Ce témoignage met en lumière la tension entre l’approche communautaire traditionnelle du deuil en islam et les besoins psychologiques individuels. Traditionnellement, le soutien communautaire s’exprime par une présence constante, des repas partagés, des récitations du Coran. Mais cette sollicitude peut parfois devenir étouffante pour celui qui a besoin d’espace pour apprivoiser sa douleur.

« Dans l’islam, le deuil est conçu comme un processus collectif où la communauté porte une partie du fardeau. Mais nos sociétés contemporaines valorisent davantage l’expression individuelle des émotions. Ce décalage crée parfois une souffrance supplémentaire chez les endeuillés musulmans qui se sentent incompris dans leur besoin d’intimité. » – Dr. Samia Khatib, spécialiste en psychologie interculturelle

La santé mentale : l’autre dimension du deuil 🧠

Fatima, 28 ans, raconte : « Après le décès de mon frère dans un accident, j’ai développé une angoisse permanente. Mes proches me recommandaient de prier davantage, mais j’avais besoin d’une aide professionnelle. Consulter un psychologue a été une démarche difficile à faire accepter dans mon entourage. »
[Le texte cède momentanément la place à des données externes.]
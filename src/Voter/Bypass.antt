-- ===== src/Voter/Bypass.antt =====
-- src/voter_builder.cpp as TAMARA_DEBUG compiles it: with TAMARA_DEBUG_BYPASS_VOTER in the
-- environment the voter of one bit is a cell of the type VOTER, the module of src/voter.v, in place
-- of the gates. `Cell::check` only asserts RTLIL's own consistency and is left out.
pub mod Verilog
pub mod Instance
use tamara.Common.{Bool, not, ◌&&◌, ◌||◌, String, M, call, change, pure, ◌>>=◌, ◌>>◌, if◌then◌else◌}
use tamara.Rtlil.Kernel.{Kernel, cell}
use tamara.Util.Names.{tamara_id, voter_annotation}
use tamara.Voter.{build_bit}

-- the two assignments of the module VOTER in src/voter.v
unfoldable pub assign_out : Bool → Bool → Bool → Bool
assign_out a b c = ((a && b) || (b && c)) || (a && c)

unfoldable pub assign_err : Bool → Bool → Bool → Bool
assign_err a b c = ((not a && c) || (a && not b)) || (b && not c)

abbrev pub voter_type : String
voter_type = "\\VOTER"

module _ (k : Kernel) where
  open k use {Wire, Cell, SigSpec, Module, of_wire, add_cell, set_port, set_bool_attribute}

  -- `insertVoterCell`
  unfoldable pub insert_voter_cell : SigSpec → SigSpec → SigSpec → SigSpec → SigSpec → M Module Cell
  insert_voter_cell a b c out error = do
    name ← tamara_id k "voter"
    voter ← call (add_cell name voter_type)
    change (set_port voter "\\A" a)
    change (set_port voter "\\B" b)
    change (set_port voter "\\C" c)
    change (set_port voter "\\OUT" out)
    change (set_port voter "\\ERR" error)
    change (set_bool_attribute (cell voter) voter_annotation)
    pure voter

  -- the free function `build`; `bypass` says whether the variable is set
  unfoldable pub build_or_bypass : Bool → Wire → Wire → Wire → Wire → Wire → M Module (Unit {0})
  build_or_bypass bypass a b c out error =
      if bypass
      then (do
        _ ← insert_voter_cell (of_wire a) (of_wire b) (of_wire c) (of_wire out) (of_wire error)
        pure tt)
      else build_bit k a b c out error
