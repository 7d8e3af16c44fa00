-- ===== src/Voter/Bypass/Verilog.antt =====
-- The gates of src/voter_builder.cpp against the module VOTER of src/voter.v.
use tamara.Voter.Gates.{IsBit}
use tamara.Voter.{build_bit}
use tamara.Common.{ℕ, ◌≡◌, Bool, arith, Yields, weaken, ◌∙◌, sym}
use tamara.Rtlil.Kernel.{Kernel}
use tamara.Rtlil.Circuit.{Circuit}
use tamara.Voter.Bit.{majority, disagree, build_bit-majority}
use tamara.Voter.Bypass.{assign_out, assign_err, build_bit}

-- On every input, the module VOTER and a vote agree: its output is the majority, and its error says
-- that the inputs are not all equal.
assign_out-majority : (a b c : Bool) → assign_out a b c ≡ majority a b c
unfolding assign_out
assign_out-majority a b c = ground arith

assign_err-disagree : (a b c : Bool) → assign_err a b c ≡ disagree a b c
unfolding assign_err
assign_err-disagree a b c = ground arith

module _ (k : Kernel) (s : Circuit k) (v : Kernel.Wire k → ℕ → Bool) where
  open k use {Wire, Module}
  open s use {Allows}

  -- On wires of one bit, the gates of `build` return, and whatever the netlist allows after them
  -- has on `out` and `error` what the module VOTER assigns to its outputs. No constraint is lost.
  pub build_bit-assign_out :
      (a b c out error : Wire) (m : Module)
      → IsBit k s v a
      → IsBit k s v b
      → IsBit k s v c
      → IsBit k s v out
      → IsBit k s v error
      → Yields
          (λ _ m'.
            Allows m' v
            → Allows m v
              × (v out 0 ≡ assign_out (v a 0) (v b 0) (v c 0))
              × (v error 0 ≡ assign_err (v a 0) (v b 0) (v c 0)))
          (build_bit k a b c out error m)
  build_bit-assign_out a b c out error m ha hb hc ho he =
      weaken (build_bit-majority k s v a b c out error m ha hb hc ho he) (λ _ m' voted allowed.
        let (before, majority_out, disagree_error) = voted allowed in
        (
          before,
          majority_out ∙ sym (assign_out-majority _ _ _),
          disagree_error ∙ sym (assign_err-disagree _ _ _),
        ))
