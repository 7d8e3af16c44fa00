-- ===== src/Voter/Bypass/Instance.antt =====
-- The bypass of src/voter_builder.cpp puts one instance of the module VOTER into the netlist.
use text.Mathlib.TextEquality.{eq_iff}
use tamara.Common.{
  str_append, str_eq, String, ◌≡◌, ◌≢◌, Yields, some, ap, false, true, false≢true, seq, yields, ◌∙◌,
  refl, sym, In, ◌↔◌, ◌⊎◌, subst, subst₂,
}
use tamara.Rtlil.Kernel.{AnyPtr, Kernel, cell}
use tamara.Rtlil.Ports.{Ports, signal_at}
use tamara.Rtlil.NewCells.{NewCells}
use tamara.Rtlil.Attributes.{Attributes, Has}
use tamara.Util.Names.{voter_annotation, tamara_id, to_string}
use tamara.Voter.Bypass.{build_or_bypass, insert_voter_cell, voter_type}

other_name : (a b : String) → str_eq a b ≡ false → a ≢ b
other_name a b differ e = false≢true (sym differ ∙ (eq_iff a b).1 e)

module _ (k : Kernel) (ports : Ports k) (laws : NewCells k) (attributes : Attributes k) where
  open k use {
    Wire, Cell, SigSpec, Module, of_wire, cell_type, cell_connections, set_port, set_bool_attribute,
    next_index, add_cell, cells,
  }

  abbrev At : Module → Cell → String → SigSpec → Type 0
  At m c port signal = signal_at port (cell_connections m c) ≡ some signal

  -- one new cell, of the type VOTER, with these five signals, and no other port changed
  pub record Instance (a b c out error : SigSpec) (m m' : Module) : Type 0 where
    pub voter : Cell
    pub new : ¬ In voter (cells m)
    pub joined : (d : Cell) → In d (cells m') ↔ (In d (cells m) ⊎ (voter ≡ d))
    pub type : cell_type voter ≡ voter_type
    pub on_a : At m' voter "\\A" a
    pub on_b : At m' voter "\\B" b
    pub on_c : At m' voter "\\C" c
    pub on_out : At m' voter "\\OUT" out
    pub on_error : At m' voter "\\ERR" error
    pub marked : Has k m' (cell voter) voter_annotation
    pub others : (d : Cell) → voter ≢ d → cell_connections m' d ≡ cell_connections m d

  At-set_port :
      (m : Module) (c : Cell) (port other : String) (signal old : SigSpec)
      → str_eq other port ≡ false
      → At m c port old
      → At (set_port c other signal m) c port old
  At-set_port m c port other signal old differ at =
      ports.signal_at-set_port_name c other port signal m (other_name other port differ) ∙ at

  At-mark :
      (m : Module) (c : Cell) (port : String) (signal : SigSpec) (x : AnyPtr Wire Cell)
      (name : String)
      → At m c port signal
      → At (set_bool_attribute x name m) c port signal
  At-mark m c port signal x name at =
      ap (signal_at port) (laws.set_bool_attribute-ports x name m c) ∙ at

  insert_voter_cell-Instance :
      (a b c out error : SigSpec) (m : Module)
      → Yields (λ _ m'. Instance a b c out error m m') (insert_voter_cell k a b c out error m)
  unfolding insert_voter_cell tamara_id
  insert_voter_cell-Instance a b c out error m =
      let (index, m0) = next_index m in
      let (voter, m1) =
        add_cell (str_append (str_append "$tmr$" "voter") (str_append "$" (to_string index)))
          voter_type m0 in
      let ma = set_port voter "\\A" a m1 in
      let mb = set_port voter "\\B" b ma in
      let mc = set_port voter "\\C" c mb in
      let mo = set_port voter "\\OUT" out mc in
      let set = λ (port : String) (signal : SigSpec) (m : Module).
        ports.signal_at-set_port voter port signal m in
      let on_c = At-set_port mc voter "\\C" "\\OUT" out c refl (set "\\C" c mb) in
      let on_b =
        At-set_port mc voter "\\B" "\\OUT" out b refl
          (At-set_port mb voter "\\B" "\\C" c b refl (set "\\B" b ma)) in
      let on_a = At-set_port mc voter "\\A" "\\OUT" out a refl (
        At-set_port mb voter "\\A" "\\C" c a refl
          (At-set_port ma voter "\\A" "\\B" b a refl (set "\\A" a m1))) in
      let kept =
        λ (port : String) (signal : SigSpec) (differ : str_eq "\\ERR" port ≡ false)
            (at : At mo voter port signal).
          At-mark _ voter port signal (cell voter) voter_annotation
            (At-set_port mo voter port "\\ERR" error signal differ at) in
      let me = set_port voter "\\ERR" error mo in
      let before = laws.next_index-cells m in
      let after =
        laws.set_bool_attribute-cells (cell voter) voter_annotation me
        ∙ laws.set_port-cells voter "\\ERR" error mo
        ∙ laws.set_port-cells voter "\\OUT" out mc
        ∙ laws.set_port-cells voter "\\C" c mb
        ∙ laws.set_port-cells voter "\\B" b ma
        ∙ laws.set_port-cells voter "\\A" a m1 in
      yields (record {
        voter = voter;
        new = λ at. laws.add_cell-new _ voter_type m0 (subst (In voter) (sym before) at);
        joined = λ d.
            subst₂ (λ now old. In d now ↔ (In d old ⊎ (voter ≡ d))) (sym after) before
              (laws.add_cell-cells _ voter_type m0 d);
        type = laws.cell_type-add_cell _ voter_type m0;
        on_a = kept "\\A" a refl on_a;
        on_b = kept "\\B" b refl on_b;
        on_c = kept "\\C" c refl on_c;
        on_out = kept "\\OUT" out refl (set "\\OUT" out mc);
        on_error =
            At-mark _ voter "\\ERR" error (cell voter) voter_annotation (set "\\ERR" error mo);
        marked = attributes.set_bool_attribute-Has (cell voter) voter_annotation _;
        others = λ d apart.
            laws.set_bool_attribute-ports (cell voter) voter_annotation _ d
            ∙ ports.set_port-other voter d "\\ERR" error mo apart
            ∙ ports.set_port-other voter d "\\OUT" out mc apart
            ∙ ports.set_port-other voter d "\\C" c mb apart
            ∙ ports.set_port-other voter d "\\B" b ma apart
            ∙ ports.set_port-other voter d "\\A" a m1 apart
            ∙ laws.add_cell-ports _ voter_type m0 d apart
            ∙ ports.next_index-ports m d;
      })

  -- With TAMARA_DEBUG_BYPASS_VOTER set, `build` returns, and the netlist has exactly one cell more,
  -- which was not there before: it is of the type VOTER, has the five wires on the ports of its module, and is marked as a voter. The
  -- ports of all other cells are as they were.
  pub build_or_bypass-Instance :
      (a b c out error : Wire) (m : Module)
      → Yields
          (λ _ m'. Instance (of_wire a) (of_wire b) (of_wire c) (of_wire out) (of_wire error) m m')
          (build_or_bypass k true a b c out error m)
  unfolding build_or_bypass
  build_or_bypass-Instance a b c out error m =
      seq
        (insert_voter_cell-Instance (of_wire a) (of_wire b) (of_wire c) (of_wire out)
          (of_wire error) m)
        (λ _ m' added. yields added)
La prise en compte des aspects psychologiques du deuil reste un sujet sensible dans certains milieux. Pourtant, la santé mentale devient progressivement un combat porté par les jeunes musulmans, qui militent pour une approche plus équilibrée où spiritualité et soutien psychologique se complètent plutôt que s’opposent.

Les imams les plus sensibilisés à ces questions commencent à jouer un rôle de passerelle, comme l’explique l’imam Rachid Eljay de Brest : « J’encourage les personnes endeuillées à chercher du soutien auprès de professionnels tout en maintenant leur pratique spirituelle. Les deux démarches sont complémentaires. Le Prophète lui-même pleurait ses proches, exprimant sa tristesse sans que cela n’entame sa foi. »
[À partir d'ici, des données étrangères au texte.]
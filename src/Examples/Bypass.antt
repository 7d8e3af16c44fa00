-- ===== src/Examples/Bypass.antt =====
-- The debug build of src/voter_builder.cpp and src/voter.v on the sample platform.
use tamara.Sample.Objects.{same_object, numbered}
use tamara.Common.{ℕ, ◌≡◌, Bool, String, Yields, false, true, refl, ok, [], ◌∷◌, ◌||◌}
use tamara.Sample.Netlist.{object, Object, kernel, empty_netlist, whole, Netlist, same_object}
use tamara.Sample.Gates.{circuit}
use tamara.Sample.Laws.{attributes, port_laws, new_cells}
use tamara.Util.Names.{tamara_id, to_string}
use tamara.Voter.{build_bit}
use tamara.Voter.Bypass.{assign_out, assign_err, build_or_bypass, insert_voter_cell}
use tamara.Voter.Bypass.Verilog.{build_bit-assign_out}
use tamara.Voter.Bypass.Instance.{Instance, build_or_bypass-Instance}

abbrev bit_wire : String → Object
bit_wire name = object name "" 1 false false

abbrev last_set : Object → ℕ → Bool
last_set w i = same_object w (bit_wire "c") || same_object w (bit_wire "err")

build_bit-assign_out_example :
    Yields
      (λ _ m'.
        circuit.Allows m' last_set
        → circuit.Allows empty_netlist last_set
          × (false ≡ assign_out false false true)
          × (true ≡ assign_err false false true))
      (build_bit kernel
        (bit_wire "a")
        (bit_wire "b")
        (bit_wire "c")
        (bit_wire "out")
        (bit_wire "err")
        empty_netlist)
build_bit-assign_out_example =
    build_bit-assign_out kernel circuit last_set (bit_wire "a") (bit_wire "b") (bit_wire "c")
      (bit_wire "out") (bit_wire "err") empty_netlist refl refl refl refl refl

build_or_bypass-Instance_example :
    Yields
      (λ _ m'.
        Instance kernel port_laws new_cells attributes
          (whole (bit_wire "a"))
          (whole (bit_wire "b"))
          (whole (bit_wire "c"))
          (whole (bit_wire "out"))
          (whole (bit_wire "err"))
          empty_netlist
          m')
      (build_or_bypass kernel true
        (bit_wire "a")
        (bit_wire "b")
        (bit_wire "c")
        (bit_wire "out")
        (bit_wire "err")
        empty_netlist)
build_or_bypass-Instance_example =
    build_or_bypass-Instance kernel port_laws new_cells attributes (bit_wire "a") (bit_wire "b")
      (bit_wire "c") (bit_wire "out") (bit_wire "err") empty_netlist

bypassed :
    (m' : Netlist) × (build_or_bypass kernel true
        (bit_wire "a")
        (bit_wire "b")
        (bit_wire "c")
        (bit_wire "out")
        (bit_wire "err")
        empty_netlist
      ≡ ok (tt, m'))
unfolding build_or_bypass insert_voter_cell tamara_id to_string
bypassed = (_, refl)

-- one cell and no gates
bypassed-cells :
    (bypassed.0.cells ≡ numbered 0 (object "$tmr$voter$0" "\\VOTER" 0 false false) ∷ [])
    × (bypassed.0.gates ≡ [])
unfolding bypassed
bypassed-cells = (refl, refl)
Retrouver le chemin de la foi 🕌

Le chemin pour réconcilier sa spiritualité et son deuil prend souvent du temps. Pour Soraya, 40 ans, c’est la prière d’istikhara qui a joué un rôle crucial : « Après avoir perdu ma grand-mère qui m’avait élevée, je me sentais abandonnée par Allah. La prière d’istikhara m’a aidée à retrouver progressivement un dialogue avec ma spiritualité, à accepter que je n’avais pas toutes les réponses. »

D’autres trouvent réconfort dans des cercles de parole entre coreligionnaires ayant traversé des épreuves similaires. Ces espaces, encore trop rares, permettent d’exprimer ses doutes sans craindre le jugement. L’association « Nour al-Qouloub » (Lumière des cœurs) à Marseille organise ainsi des rencontres mensuelles où les participants peuvent partager leurs expériences de deuil dans un cadre bienveillant qui respecte leur sensibilité religieuse.
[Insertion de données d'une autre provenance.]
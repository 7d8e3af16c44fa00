-- ===== src/Sample/Shared.antt =====
-- A sample circuit: y1 and y2 are both the conjunction of a and b, by one gate.
use tamara.Sample.Netlist.{
  Netlist, Object, Item, empty_netlist, object, platform, set_mark, whole, same_object, kernel,
}
use tamara.Cone.Node.{Kind, Node, is_io}
use tamara.Cone.Search.{LogicCone}
use tamara.Util.Names.{cone_annotation}
use tamara.Rtlil.Attributes.{Has}
use tamara.Common.{
  ◌∷◌, [], String, In, false, some, true, ℕ, if◌then◌else◌, ◌++◌, ◌≡◌, inl, ap, arith, sym, inr,
  subst, refl,
}
use tamara.Rtlil.Kernel.{wire, cell}

abbrev pub plain : String → Object
plain name = object name "" 1 false false

abbrev pub input : String → Object
input name = object name "" 1 true false

abbrev pub output : String → Object
output name = object name "" 1 false true

abbrev pub gate : Object
gate = object "g" "$and" 0 false false

abbrev pub memory : Object
memory = object "ram" "$mem_v2" 0 false false

abbrev pub shared : Netlist
shared = record empty_netlist {
  wires = output "y1" ∷ output "y2" ∷ plain "t" ∷ input "a" ∷ input "b" ∷ [];
  cells = gate ∷ [];
  connections =
      (whole (output "y1"), whole (plain "t")) ∷ (whole (output "y2"), whole (plain "t")) ∷ [];
  ports = λ c.
      if same_object c gate
      then ("A", whole (input "a")) ∷ ("B", whole (input "b")) ∷ ("Y", whole (plain "t")) ∷ []
      else [];
}

abbrev pub node : Kind → Item → ℕ → Node platform
node kind obj address = record { kind = kind; obj = obj; cone_id = 1; address = address }

-- the cone of y2 after its search
abbrev pub second_cone : LogicCone platform
second_cone = record {
  id = 1;
  output_node = node Kind.io (wire (output "y2")) 0;
  input_nodes = node Kind.io (wire (input "b")) 4 ∷ [];
  cone = node Kind.element_wire (wire (plain "t")) 1 ∷ node Kind.element_cell (cell gate) 2 ∷ [];
  voter_cut_point = some (node Kind.element_cell (cell gate) 2);
  frontier = [];
  next_address = 5;
}

-- an element is not an IO
pub second_cone-elements : (n : Node platform) → In n second_cone.cone → is_io n.kind ≡ false
second_cone-elements n (inl e) = ap (λ n. is_io n.kind) (sym e)
second_cone-elements n (inr (inl e)) = ap (λ n. is_io n.kind) (sym e)
second_cone-elements n (inr (inr z)) = absurd z

-- after the gate was replicated for y1
abbrev pub gate_replicated : Netlist
gate_replicated = set_mark (cell gate) cone_annotation "0" shared

pub second_cone-replicated :
    (n : Node platform)
    → In n (second_cone.cone ++ (second_cone.input_nodes ++ second_cone.output_node ∷ []))
    → is_io n.kind ≡ false
    → n.address ≡ 2
    → Has kernel gate_replicated n.obj cone_annotation
second_cone-replicated n (inl e) no_io at = absurd (omega (arith, ap (λ n. n.address) e))
second_cone-replicated n (inr (inl e)) no_io at =
    subst (λ n. Has kernel gate_replicated n.obj cone_annotation) e refl
second_cone-replicated n (inr (inr (inl e))) no_io at =
    absurd (omega (arith, ap (λ n. n.address) e))
second_cone-replicated n (inr (inr (inr (inl e)))) no_io at =
    absurd (omega (arith, ap (λ n. n.address) e))
second_cone-replicated n (inr (inr (inr (inr z)))) no_io at = absurd z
Vers une approche plus holistique du deuil ✨

Les jeunes générations de musulmans français développent progressivement une approche plus intégrée du deuil, qui honore la tradition tout en reconnaissant la complexité émotionnelle de cette épreuve. Les réseaux sociaux jouent un rôle important dans cette évolution, permettant le partage d’expériences et brisant l’isolement des personnes traversant une crise spirituelle suite à un deuil.

Pour Yanis, 37 ans, revenu à la pratique après deux ans d’éloignement suivant le décès de sa fille : « J’ai compris que ma colère contre Allah faisait partie de mon cheminement. La foi n’est pas un long fleuve tranquille, elle connaît des tempêtes. Aujourd’hui, je prie à nouveau, différemment peut-être, avec une conscience plus profonde de notre fragilité. »

Cette réconciliation passe souvent par une réinterprétation personnelle des textes et traditions. « La miséricorde divine (rahma) est plus vaste que nos moments de doute », rappelle l’imam Taha Karimi. « Le Prophète nous a enseigné que Allah est plus proche de nous que notre veine jugulaire – même dans nos moments de révolte, Il comprend notre douleur mieux que nous-mêmes. »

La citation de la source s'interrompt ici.